DIY Cryptography with Raku

Part 2: Base 400

by Arne Sommer

DIY Cryptography with Raku

Part 2: Base 400

[8.2] Published 21. April 2019

Perl 6 → Raku

This article has been moved from «perl6.eu» and updated to reflect the language rename in 2019.

See also: The Introduction | Part 1: Base 36.

The «one to one» mapping problem can be solved by adding each character several times to the base, and choosing one of the indices when we encode that character. I have chosen to do it 10 times, and this gives me a base with 400 characters:

my @base400 = (@base40 xx 10).flat;

Now we have the base 40 alphabet, ten times after each other. Alphabetical order isn't good, so I'll randomize it:

my @base400 = (@base40 xx 10).flat.pick(*);

«pick» without an argument selects one random element from the list. If we specify an integer argument, that number of elements are returned without repetition (of the indices. If we have duplicates in the list, we can get duplicates from «pick».) If we specify «*», we get the whole list, in random order.

See docs.raku.org/routine/pick for more information about «pick».

When the encoder reads an «A» in the plain text, it chooses one of the «A»'s in this list.

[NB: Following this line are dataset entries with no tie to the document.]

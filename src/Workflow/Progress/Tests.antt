-- ===== src/Workflow/Progress/Tests.antt =====
-- .opencode/plugins/uf-workflow/index.ts: the progress tools on examples.
use complytime_providers.Prelude.{
  ◌≡◌, sym, refl, Text, txt, false, Option, none, some, [], ◌∷◌, Result, ok, arith, is_ok,
}
use mathlib.Core.Path.{subst}
use complytime_providers.Workflow.Names.{sanitize_slug, dash_slashes, is_safe, collapse_dots}
use complytime_providers.Workflow.Names.Slugs.{IsSlug, sanitize_slug-IsSlug}
use complytime_providers.Workflow.Progress.State.{ProgressState}
use complytime_providers.Workflow.Progress.Disk.{
  FilePath, Disk, Node, missing, link, state_path, read_state, delete_state,
}
use complytime_providers.Workflow.Progress.Tools.{
  CheckpointArgs, upsert_checkpoint_step, checkpoint, get_progress, success,
}
use complytime_providers.Workflow.Progress.Paths.{slug_path, state_path-slug_path}
use complytime_providers.Workflow.Progress.Steps.{IsProgress, IfAny}
use complytime_providers.Workflow.Progress.Readback.{
  get_progress-checkpoint, upsert_checkpoint_step-IsProgress,
}
use complytime_providers.Workflow.Progress.Guards.{upsert_checkpoint_step-link}

abbrev project : FilePath
project = txt "srv" ∷ txt "app" ∷ []

abbrev main_slug : Text
main_slug = txt "main"

abbrev command_slug : Text
command_slug = txt "uf.unleash"

abbrev noon : Text
noon = txt "12:00"

abbrev planned : ProgressState Text
planned = record {
  command = command_slug;
  branch = main_slug;
  key = main_slug;
  current_step = txt "plan";
  completed_steps = txt "plan" ∷ [];
  data_fields = [];
  phases = none;
  created_at = noon;
  updated_at = noon;
}

-- A codec for this state only, on a file system on which no call throws.
abbrev one_state : Node Text
one_state = record {
  stringify_state = λ state. txt "{}";
  parse_state = λ text. ok planned;
  parse_data = λ text. ok [];
  folder_error = λ disk path. none;
  write_error = λ disk path. none;
  remove_error = λ disk path. none;
  read_folder_error = txt "EISDIR";
}

abbrev empty_disk : Disk
empty_disk path = missing

abbrev plan_args : CheckpointArgs
plan_args = record {
  command = command_slug;
  step = txt "plan";
  data_text = none;
  key = none;
  phase = none;
}

abbrev planned_disk : Disk
planned_disk = (checkpoint one_state project (ok main_slug) noon empty_disk plan_args).1

sanitize_slug-IsSlug_example : IsSlug (txt "opsx-a.b")
unfolding sanitize_slug txt collapse_dots dash_slashes is_safe
sanitize_slug-IsSlug_example = sanitize_slug-IsSlug (txt "opsx/a..b") (txt "opsx-a.b") refl

main_slug-IsSlug : IsSlug main_slug
unfolding is_safe txt
main_slug-IsSlug = (refl, omega arith, refl, refl)

command_slug-IsSlug : IsSlug command_slug
unfolding is_safe txt
command_slug-IsSlug = (refl, omega arith, refl, refl)

state_path-slug_path_example :
    state_path project main_slug command_slug ≡ ok (slug_path project main_slug command_slug)
state_path-slug_path_example =
    state_path-slug_path project main_slug command_slug main_slug-IsSlug command_slug-IsSlug

get_progress-checkpoint_example :
    get_progress one_state project (ok main_slug) planned_disk command_slug none
    ≡ success (some planned)
unfolding checkpoint txt collapse_dots dash_slashes is_safe
get_progress-checkpoint_example =
    get_progress-checkpoint one_state project (ok main_slug) noon empty_disk plan_args planned
      planned_disk refl refl

abbrev linked_disk : Disk
linked_disk path = link

upsert_checkpoint_step-link_example :
    (is_ok
        (upsert_checkpoint_step one_state project noon linked_disk main_slug command_slug
          (txt "plan")
          none
          none).0
      ≡ false)
    × ((upsert_checkpoint_step one_state project noon linked_disk main_slug command_slug
          (txt "plan")
          none
          none).1
        ≡ linked_disk)
    × (is_ok (delete_state one_state project linked_disk main_slug command_slug).0 ≡ false)
    × ((delete_state one_state project linked_disk main_slug command_slug).1 ≡ linked_disk)
unfolding sanitize_slug txt collapse_dots dash_slashes is_safe
upsert_checkpoint_step-link_example =
    upsert_checkpoint_step-link one_state project noon linked_disk main_slug command_slug
      (txt "plan") command_slug none none main_slug-IsSlug refl refl

IfAny-none :
    (prior : Option (ProgressState Text))
    → ◌≡◌ {A = Result (Option (ProgressState Text))} (ok none) (ok prior)
    → IfAny IsProgress prior
IfAny-none none h = tt
IfAny-none (some s) h = cc

no_prior :
    (cmd : Text) (prior : Option (ProgressState Text))
    → sanitize_slug command_slug ≡ ok cmd
    → read_state one_state project empty_disk main_slug cmd ≡ ok prior
    → IfAny IsProgress prior
unfolding sanitize_slug read_state txt collapse_dots dash_slashes is_safe
no_prior cmd prior c r =
    let same : command_slug ≡ cmd = cc in
    IfAny-none prior
      (subst (λ q. read_state one_state project empty_disk main_slug q ≡ ok prior) (sym same) r)

upsert_checkpoint_step-IsProgress_example : IsProgress planned
unfolding upsert_checkpoint_step txt collapse_dots dash_slashes is_safe
upsert_checkpoint_step-IsProgress_example =
    upsert_checkpoint_step-IsProgress one_state project noon empty_disk main_slug command_slug
      (txt "plan") none none planned
      (upsert_checkpoint_step one_state project noon empty_disk main_slug command_slug (txt "plan")
        none none).1
      tt (λ cmd prior c r. no_prior cmd prior c r) refl
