-- ===== src/Workflow/Resume.antt =====
-- .opencode/plugins/uf-workflow/index.ts: how a workflow finds the step to resume from.
pub mod Artifacts
pub mod Probes
pub mod Detect
pub mod Tool
pub mod Newest
pub mod Reviewed
mod Tests
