-- ===== src/Workflow/Resume/Newest.antt =====
-- .opencode/plugins/uf-workflow/index.ts: the artifact that `mostRecentArtifact` chooses.
use complytime_providers.Prelude.{
  ◌<◌, ◌≡◌, ◌⊎◌, is_some, text_leb, ==_iff, refl, sym, ap, inl, inr, Text, true, false, ◌&&◌,
  Option, none, some, List, [], ◌∷◌, ◌++◌, All, text_leb-total, text_leb_trans, Bool-cases, arith,
}
use mathlib.Core.Path.{subst}
use complytime_providers.Workflow.Resume.Artifacts.{
  ArtifactSummary, is_newer, is_for, most_recent_from, most_recent_artifact,
}

-- No artifact is newer than one that is newer than it.
is_newer_asym : (a b : ArtifactSummary) → is_newer a (some b) ≡ true → is_newer b (some a) ≡ false
unfolding is_newer
is_newer_asym a b h = ground (arith, h, text_leb-total a.source b.source)

is_newer_irrefl : (a : ArtifactSummary) → is_newer a (some a) ≡ false
is_newer_irrefl a = elim (Bool-cases (is_newer a (some a))) [
  | inl newer ↦ is_newer_asym a a newer
  | inr same ↦ same
]

is_newer_trans :
    (a b c : ArtifactSummary)
    → is_newer a (some b) ≡ false
    → is_newer b (some c) ≡ false
    → is_newer a (some c) ≡ false
unfolding is_newer
is_newer_trans a b c h k = ground (arith, h, k, text_leb_trans a.source b.source c.source)

-- What was the best so far is not newer than the result.
abbrev IsNotNewer : Option ArtifactSummary → ArtifactSummary → Type 0
IsNotNewer none a = Unit
IsNotNewer (some b) a = is_newer b (some a) ≡ false

-- No candidate for the mode and the branch replaces it.
abbrev IsUnbeaten : Text → Text → List ArtifactSummary → ArtifactSummary → Type 0
IsUnbeaten mode branch candidates a =
    All (λ c. (is_for mode branch c && is_newer c (some a)) ≡ false) candidates

not_newer_than :
    (mode branch : Text) (best : Option ArtifactSummary) (c a : ArtifactSummary)
    → (is_for mode branch c && is_newer c best) ≡ false
    → IsNotNewer best a
    → (is_for mode branch c && is_newer c (some a)) ≡ false
unfolding is_newer
not_newer_than mode branch none c a h k = ground (arith, h)
not_newer_than mode branch (some b) c a h k = ground (arith, h, k, is_newer_trans c b a)

replaced :
    (best : Option ArtifactSummary) (c a : ArtifactSummary)
    → is_newer c best ≡ true
    → is_newer c (some a) ≡ false
    → IsNotNewer best a
replaced none c a h k = tt
replaced (some b) c a h k = is_newer_trans b c a (is_newer_asym c b h) k

most_recent_from-IsUnbeaten :
    (mode branch : Text) (best : Option ArtifactSummary) (candidates : List ArtifactSummary)
    (a : ArtifactSummary)
    → most_recent_from mode branch best candidates ≡ some a
    → IsNotNewer best a × IsUnbeaten mode branch candidates a
unfolding most_recent_from
most_recent_from-IsUnbeaten mode branch best [] a h =
    (subst (λ o. IsNotNewer o a) (sym h) (is_newer_irrefl a), tt)
most_recent_from-IsUnbeaten mode branch best (c ∷ candidates) a h =
    elim (Bool-cases (is_for mode branch c && is_newer c best)) [
      | inl taken ↦
          let (below, rest) =
            most_recent_from-IsUnbeaten mode branch (some c) candidates a (rw (taken) at h) in
          (replaced best c a (ground (arith, taken)) below, (ground (arith, below), rest))
      | inr kept ↦
          let (below, rest) =
            most_recent_from-IsUnbeaten mode branch best candidates a (rw (kept) at h) in
          (below, (not_newer_than mode branch best c a kept below, rest))
    ]

-- Where the result stands among the candidates.
abbrev pub IsAmong : Text → Text → List ArtifactSummary → ArtifactSummary → Type 0
IsAmong mode branch candidates a =
    (before : List ArtifactSummary) × (behind : List ArtifactSummary) × (candidates
      ≡ before ++ a ∷ behind)
    × (a.mode ≡ mode)
    × (a.branch ≡ branch)

IsAmong-behind :
    (mode branch : Text) (c a : ArtifactSummary) (candidates : List ArtifactSummary)
    → IsAmong mode branch candidates a
    → IsAmong mode branch (c ∷ candidates) a
IsAmong-behind mode branch c a candidates (before, behind, e, f, g) =
    (c ∷ before, behind, ap (λ q. c ∷ q) e, f, g)

most_recent_from-IsAmong :
    (mode branch : Text) (best : Option ArtifactSummary) (candidates : List ArtifactSummary)
    (a : ArtifactSummary)
    → most_recent_from mode branch best candidates ≡ some a
    → (best ≡ some a) ⊎ IsAmong mode branch candidates a
unfolding most_recent_from is_for
most_recent_from-IsAmong mode branch best [] a h = inl h
most_recent_from-IsAmong mode branch best (c ∷ candidates) a h =
    elim (Bool-cases (is_for mode branch c && is_newer c best)) [
      | inl taken ↦
          elim (most_recent_from-IsAmong mode branch (some c) candidates a (rw (taken) at h)) [
            | inl same ↦
                let here : c ≡ a = cc in
                inr (
                  [],
                  candidates,
                  ap (λ q. q ∷ candidates) here,
                  subst (λ (q : ArtifactSummary). q.mode ≡ mode) here
                      (ground (arith, taken, ==_iff c.mode mode)),
                  subst (λ (q : ArtifactSummary). q.branch ≡ branch) here
                      (ground (arith, taken, ==_iff c.branch branch)),
                )
            | inr among ↦ inr (IsAmong-behind mode branch c a candidates among)
          ]
      | inr kept ↦ elim (most_recent_from-IsAmong mode branch best candidates a (rw (kept) at h)) [
        | inl same ↦ inl same
        | inr among ↦ inr (IsAmong-behind mode branch c a candidates among)
      ]
    ]

not_none : (a : ArtifactSummary) → ¬ (none ≡ some a)
not_none a h = cc

-- Every candidate of the mode and the branch was written before it, or at the same time under a name
-- that is not behind its own in the order of the code units.
abbrev pub IsNewest : Text → Text → List ArtifactSummary → ArtifactSummary → Type 0
IsNewest mode branch candidates a =
    All
      (λ (c : ArtifactSummary).
        c.mode ≡ mode
        → c.branch ≡ branch
        → (c.written_at < a.written_at)
          ⊎ ((c.written_at ≡ a.written_at) × (text_leb c.source a.source ≡ true)))
      candidates

IsUnbeaten-IsNewest :
    (mode branch : Text) (candidates : List ArtifactSummary) (a : ArtifactSummary)
    → IsUnbeaten mode branch candidates a
    → IsNewest mode branch candidates a
unfolding is_newer is_for
IsUnbeaten-IsNewest mode branch [] a h = tt
IsUnbeaten-IsNewest mode branch (c ∷ candidates) a h = (
  λ m b. ground (arith, h.0, ==_iff c.mode mode, ==_iff c.branch branch, m, b),
  IsUnbeaten-IsNewest mode branch candidates a h.1,
)

-- No candidate is of the mode and the branch.
abbrev pub IsAbsent : Text → Text → List ArtifactSummary → Type 0
IsAbsent mode branch candidates =
    All (λ (c : ArtifactSummary). ¬ ((c.mode ≡ mode) × (c.branch ≡ branch))) candidates

most_recent_from-is_some :
    (mode branch : Text) (b : ArtifactSummary) (candidates : List ArtifactSummary)
    → is_some (most_recent_from mode branch (some b) candidates) ≡ true
unfolding most_recent_from
most_recent_from-is_some mode branch b [] = refl
most_recent_from-is_some mode branch b (c ∷ candidates) =
    elim (Bool-cases (is_for mode branch c && is_newer c (some b))) [
      | inl taken ↦ rw taken (most_recent_from-is_some mode branch c candidates)
      | inr kept ↦ rw kept (most_recent_from-is_some mode branch b candidates)
    ]

most_recent_from-IsAbsent :
    (mode branch : Text) (candidates : List ArtifactSummary)
    → most_recent_from mode branch none candidates ≡ none
    → IsAbsent mode branch candidates
unfolding most_recent_from is_newer is_for
most_recent_from-IsAbsent mode branch [] h = tt
most_recent_from-IsAbsent mode branch (c ∷ candidates) h =
    elim (Bool-cases (is_for mode branch c)) [
      | inl fits ↦
          absurd (ground (arith, fits, h, most_recent_from-is_some mode branch c candidates))
      | inr other ↦ (
        λ (m, b). ground (arith, other, ==_iff c.mode mode, ==_iff c.branch branch, m, b),
        most_recent_from-IsAbsent mode branch candidates (rw other at h),
      )
    ]

-- What the choice among the candidates comes to.
abbrev pub IsChosen : Text → Text → List ArtifactSummary → Option ArtifactSummary → Type 0
IsChosen mode branch candidates none = IsAbsent mode branch candidates
IsChosen mode branch candidates (some a) =
    IsAmong mode branch candidates a × IsNewest mode branch candidates a

most_recent_from-IsChosen :
    (candidates : List ArtifactSummary) (mode branch : Text) (chosen : Option ArtifactSummary)
    → most_recent_from mode branch none candidates ≡ chosen
    → IsChosen mode branch candidates chosen
most_recent_from-IsChosen candidates mode branch none h =
    most_recent_from-IsAbsent mode branch candidates h
most_recent_from-IsChosen candidates mode branch (some a) h =
    let unbeaten = (most_recent_from-IsUnbeaten mode branch none candidates a h).1 in
    elim (most_recent_from-IsAmong mode branch none candidates a h) [
      | inl absent ↦ absurd (not_none a absent)
      | inr among ↦ (among, IsUnbeaten-IsNewest mode branch candidates a unbeaten)
    ]

-- If there is a most recent artifact, it is one of the candidates, for the mode and the branch asked
-- for, and every candidate for them was written before it, or at the same time under a name that is
-- not behind its own; if there is none, no candidate is for them.
pub most_recent_artifact-IsChosen :
    (candidates : List ArtifactSummary) (mode branch : Text)
    → IsChosen mode branch candidates (most_recent_artifact candidates mode branch)
unfolding most_recent_artifact
most_recent_artifact-IsChosen candidates mode branch =
    most_recent_from-IsChosen candidates mode branch (most_recent_artifact candidates mode branch)
      refl
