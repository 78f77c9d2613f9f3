-- ===== src/Workflow/Resume/Tool.antt =====
-- .opencode/plugins/uf-workflow/index.ts: the tool uf_unleash_detect_resume, behind the checks of its
-- arguments, from its probes to the checkpoint that it records.
use complytime_providers.Prelude.{
  ℕ, Text, txt, Bool, false, Option, none, some, List, Assoc, Runtime, Result, ok, err, ◌>>=◌,
}
use complytime_providers.Workflow.Names.{sanitize_slug}
use complytime_providers.Workflow.Progress.State.{ProgressState, resolve_key}
use complytime_providers.Workflow.Progress.Disk.{FilePath, Disk, Node, read_state}
use complytime_providers.Workflow.Progress.Tools.{
  ToolResult, failure, to_tool_result, upsert_checkpoint_step,
}
use complytime_providers.Workflow.Resume.Artifacts.{
  ArtifactStore, ArtifactSummary, read_dispatch_artifacts, most_recent_artifact,
}
use complytime_providers.Workflow.Resume.Detect.{
  WorkflowTier, Feature, Git, ResumeStep, DetectResumeData, resume_data, step_statuses_of,
  spec_review_probe, implement_probe, claimed_steps, folder_of, given_of,
}

abbrev pub unleash : Text
unleash = txt "uf.unleash"

-- What the detection is given: the JSON of the data that it records is made by `encode`.
pub record World (Value : Type 0) : Type 0 where
  pub runtime : Runtime
  pub decode_utf8 : List ℕ → Text
  pub git : Git
  pub store : ArtifactStore
  pub node : Node Value
  pub cwd : FilePath
  pub now : Text
  pub encode : WorkflowTier → Text → Option ResumeStep → Bool → Assoc Value

module _ {Value : Type 0} (world : World Value) where
  -- The data of the result, for what has been read.
  unfoldable pub detected_data :
      WorkflowTier
      → Option Feature
      → List Text
      → Text
      → Option ArtifactSummary
      → Bool
      → DetectResumeData
  unfolding resume_data step_statuses_of implement_probe
  detected_data tier feature claimed head_sha code_artifact spec_done =
      resume_data tier (step_statuses_of tier feature claimed head_sha code_artifact spec_done)
        (implement_probe tier claimed feature).0 claimed

  -- The key of the state, and the data of the result.
  abbrev pub Detection : Type 0
  Detection = Text × DetectResumeData

  -- The spec review, and the data.
  unfoldable pub judged :
      WorkflowTier
      → Option Feature
      → Text
      → Text
      → Text
      → Option (ProgressState Value)
      → List ArtifactSummary
      → Result Detection
  unfolding most_recent_artifact spec_review_probe detected_data txt
  judged tier feature branch head_sha key prior artifacts =
      elim (spec_review_probe world.decode_utf8 world.git tier
        (most_recent_artifact artifacts (txt "specs") branch) head_sha (folder_of feature)) [
          | err message ↦ err message
          | ok spec_done ↦ ok (
            key,
            detected_data tier feature (claimed_steps prior) head_sha
                (most_recent_artifact artifacts (txt "code") branch) spec_done,
          )
        ]

  -- The reads in their order, and what follows them.
  unfoldable pub detected : Disk → WorkflowTier → Option Feature → Result Detection
  unfolding resolve_key sanitize_slug read_state read_dispatch_artifacts judged txt
  detected disk tier feature = world.git.branch >>= λ branch. world.git.head_sha >>= λ head_sha.
      resolve_key world.git.branch none >>= λ key. sanitize_slug unleash >>= λ cmd.
      read_state world.node world.cwd disk key cmd >>= λ prior.
      read_dispatch_artifacts world.runtime world.store >>= λ artifacts.
      judged tier feature branch head_sha key prior artifacts

  unfoldable pub detect_resume :
      Disk → WorkflowTier → Option Feature → ToolResult DetectResumeData × Disk
  unfolding detected upsert_checkpoint_step txt
  detect_resume disk tier feature =
      let code = txt "RESUME_DETECT_ERROR" in
      elim (detected disk tier feature) [
        | err message ↦ (failure message false code, disk)
        | ok (key, found) ↦
            let (outcome, after) =
              upsert_checkpoint_step world.node world.cwd world.now disk key unleash
                (txt "resumability-detection")
                (some (world.encode tier (given_of feature) found.resume_from found.all_complete))
                none in
            (to_tool_result code (outcome >>= λ _. ok found), after)
      ]
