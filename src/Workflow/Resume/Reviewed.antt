-- ===== src/Workflow/Resume/Reviewed.antt =====
-- .opencode/plugins/uf-workflow/index.ts: when uf_unleash_detect_resume takes a workflow as complete.
use complytime_providers.Prelude.{
  ◌≡◌, refl, ap, ◌∙◌, inl, inr, Text, txt, ==_iff, Bool, true, Option, none, some, List, Result, ok,
  Result-cases, ◌>>=◌, >>=-eq-ok, arith,
}
use complytime_providers.Workflow.Names.{sanitize_slug}
use complytime_providers.Workflow.Progress.State.{ProgressState, resolve_key}
use complytime_providers.Workflow.Progress.Disk.{Disk, read_state}
use complytime_providers.Workflow.Progress.Tools.{success, upsert_checkpoint_step}
use complytime_providers.Workflow.Progress.Readback.{to_tool_result-success, not_failure}
use complytime_providers.Workflow.Progress.Store.{not_err}
use complytime_providers.Workflow.Resume.Artifacts.{
  ArtifactSummary, read_dispatch_artifacts, most_recent_artifact, is_approving_verdict,
}
use complytime_providers.Workflow.Resume.Detect.{
  WorkflowTier, Feature, DetectResumeData, resume_data, step_statuses_of, spec_review_probe,
  code_review_probe, claimed_steps, folder_of, given_of,
}
use complytime_providers.Workflow.Resume.Tool.{
  World, unleash, detected_data, judged, detected, detect_resume,
}

-- The review that covers the code at HEAD: the most recent one of the branch, of the code, and
-- approving.
abbrev pub IsReviewed : {Value : Type 0} → World Value → Type 0
IsReviewed world =
    (branch : Text) × (head_sha : Text) × (artifacts : List ArtifactSummary)
    × (artifact : ArtifactSummary) × (world.git.branch ≡ ok branch)
    × (world.git.head_sha ≡ ok head_sha)
    × (read_dispatch_artifacts world.runtime world.store ≡ ok artifacts)
    × (most_recent_artifact artifacts (txt "code") branch ≡ some artifact)
    × (is_approving_verdict artifact.verdict ≡ true)
    × (artifact.head_sha ≡ head_sha)

code_review_probe-done :
    (o : Option ArtifactSummary) (head_sha : Text)
    → code_review_probe o head_sha ≡ true
    → (artifact : ArtifactSummary) × (o ≡ some artifact)
      × (is_approving_verdict artifact.verdict ≡ true)
      × (artifact.head_sha ≡ head_sha)
unfolding code_review_probe
code_review_probe-done none head_sha h = cc
code_review_probe-done (some a) head_sha h =
    (a, refl, ground (arith, h), (==_iff a.head_sha head_sha).0 (ground (arith, h)))

ok-injective {ℓ} : {A : Type ℓ} {a b : A} → ok a ≡ ok b → a ≡ b
ok-injective h = cc

module _ {Value : Type 0} (world : World Value) where
  detected_data_complete :
      (tier : WorkflowTier) (feature : Option Feature) (claimed : List Text) (head_sha : Text)
      (o : Option ArtifactSummary) (spec_done : Bool)
      → (detected_data world tier feature claimed head_sha o spec_done).all_complete ≡ true
      → code_review_probe o head_sha ≡ true
  unfolding detected_data resume_data step_statuses_of
  detected_data_complete tier feature claimed head_sha o spec_done h = ground (arith, h)

  judged_complete :
      (tier : WorkflowTier) (feature : Option Feature) (branch head_sha key : Text)
      (prior : Option (ProgressState Value)) (artifacts : List ArtifactSummary) (key' : Text)
      (found : DetectResumeData)
      → judged world tier feature branch head_sha key prior artifacts ≡ ok (key', found)
      → found.all_complete ≡ true
      → code_review_probe (most_recent_artifact artifacts (txt "code") branch) head_sha ≡ true
  unfolding judged
  judged_complete tier feature branch head_sha key prior artifacts key' found h complete =
      elim (Result-cases (
        spec_review_probe world.decode_utf8 world.git tier
          (most_recent_artifact artifacts (txt "specs") branch) head_sha (folder_of feature))) [
            | inl (message, e) ↦ absurd (not_err (rw (e, judged) at h))
            | inr (spec_done, e) ↦
                let o = most_recent_artifact artifacts (txt "code") branch in
                let same : detected_data world tier feature (claimed_steps prior) head_sha o
                      spec_done
                    ≡ found =
                  ap (λ q. q.1) (ok-injective (rw (e, judged) at h)) in
                detected_data_complete tier feature (claimed_steps prior) head_sha o spec_done
                  (ap (λ q. q.all_complete) same ∙ complete)
          ]

  detected_complete :
      (disk : Disk) (tier : WorkflowTier) (feature : Option Feature) (key : Text)
      (found : DetectResumeData)
      → detected world disk tier feature ≡ ok (key, found)
      → found.all_complete ≡ true
      → IsReviewed world
  unfolding detected
  detected_complete disk tier feature key found h complete =
      let (branch, b, h1) = >>=-eq-ok world.git.branch _ h in
      let (head_sha, s, h2) = >>=-eq-ok world.git.head_sha _ h1 in
      let (key', k, h3) = >>=-eq-ok (resolve_key world.git.branch none) _ h2 in
      let (cmd, c, h4) = >>=-eq-ok (sanitize_slug unleash) _ h3 in
      let (prior, p, h5) = >>=-eq-ok (read_state world.node world.cwd disk key' cmd) _ h4 in
      let (artifacts, r, h6) = >>=-eq-ok (read_dispatch_artifacts world.runtime world.store) _ h5 in
      let (artifact, newest, approving, at_head) =
        code_review_probe-done (most_recent_artifact artifacts (txt "code") branch) head_sha (
          judged_complete tier feature branch head_sha key' prior artifacts key found h6
            complete) in
      (branch, head_sha, artifacts, artifact, b, s, r, newest, approving, at_head)

  -- When the detection reports that every step of a workflow is complete, the most recent review
  -- of the code among the dispatch artifacts of the current branch approves, and it covers the commit
  -- at HEAD: no checkpoint can stand for that review.
  pub detect_resume-IsReviewed :
      (disk : Disk) (tier : WorkflowTier) (feature : Option Feature) (found : DetectResumeData)
      (after : Disk)
      → detect_resume world disk tier feature ≡ (success found, after)
      → found.all_complete ≡ true
      → IsReviewed world
  unfolding detect_resume
  detect_resume-IsReviewed disk tier feature found after h complete =
      elim (Result-cases (detected world disk tier feature)) [
        | inl (message, e) ↦ absurd (not_failure (ap (λ q. q.0) (rw (e, detect_resume) at h)))
        | inr ((key, seen), e) ↦
            let (outcome, left) =
              upsert_checkpoint_step world.node world.cwd world.now disk key unleash
                (txt "resumability-detection")
                (some (world.encode tier (given_of feature) seen.resume_from seen.all_complete))
                none in
            let returned : ◌≡◌ {A = Result DetectResumeData} (outcome >>= λ _. ok seen) (ok found) =
              ap (λ q. q.0)
                (to_tool_result-success (txt "RESUME_DETECT_ERROR") (outcome >>= λ _. ok seen) left
                  found after (rw (e, detect_resume) at h)) in
            let (_, _, same) = >>=-eq-ok outcome (λ _. ok seen) returned in
            detected_complete disk tier feature key seen e
              (ap (λ q. q.all_complete) (ok-injective same) ∙ complete)
      ]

We can print it out, with e.g. 60 characters on each line to make it fit the width of the web page, to make it clearer.

I have highlighted the «A»s  like this  to make them stand out:

> say @base400.splice(0,60).join while @base400;
SPTXJEV52S85QDER45T6!7AMM.1RA9WOULQR002B28ESJ0B9?CKGGU0RBC1
QQVP!3Q!N.9 CZ2XMI?Q366B4U? 7C!6FNZU4FBQ1 IA6SK0ON4HD6LH!Y1F
OJ81FL9W3T!88IYR39RO F6.ZWCXL791V0BF6TJYB723P0ACEF3VHTU L.3Z
ZTSP8.O7ILH55 I!T?W3QVE7XG26S?72CTYXWCM.WKJO4KIUDD1NHXDIBPHG
Y70KZ7A4KU.9NASFP5PQ!EMJKKIXJIM0DHT4UVY ?AYI5LYG9O4GGVDZC!CK
28JAE GNR1UD.P5JWQ33L6VD.OVPVG2ZZP?MWTYK5A8R4HFON!X BEL?DM8J
X5GYAL 9H9WOU0S4F?SE.1RMW8ZNHR12MBE?NN7X

A Secret Key

We started with a secret algorithm, where we placed the trust in the hope that nobody could guess the algorithm, and now we have a secret key as well. Now an attacker must guess the key as well as the algorithm.

This actually means that the we can share the algorithm with anybody, without compromising encrypted messages. As long as the key is kept secret.

A random order key (as the one shown above) only works if both parties (sender & receiver) know it. But instead of hard coding a single key in the module, I have decided to let the user do it by running a program that sets up several keys in a separate file («lib/Cryptoish/Secret.rakumod», called the Secret File) used by the encryption library. Choosing which key to use is done by the user as a two letter base 40 value (called the key ID), giving a total of 1600 possibilities. So the file is set up with 1600 different keys, making all the combinations legal.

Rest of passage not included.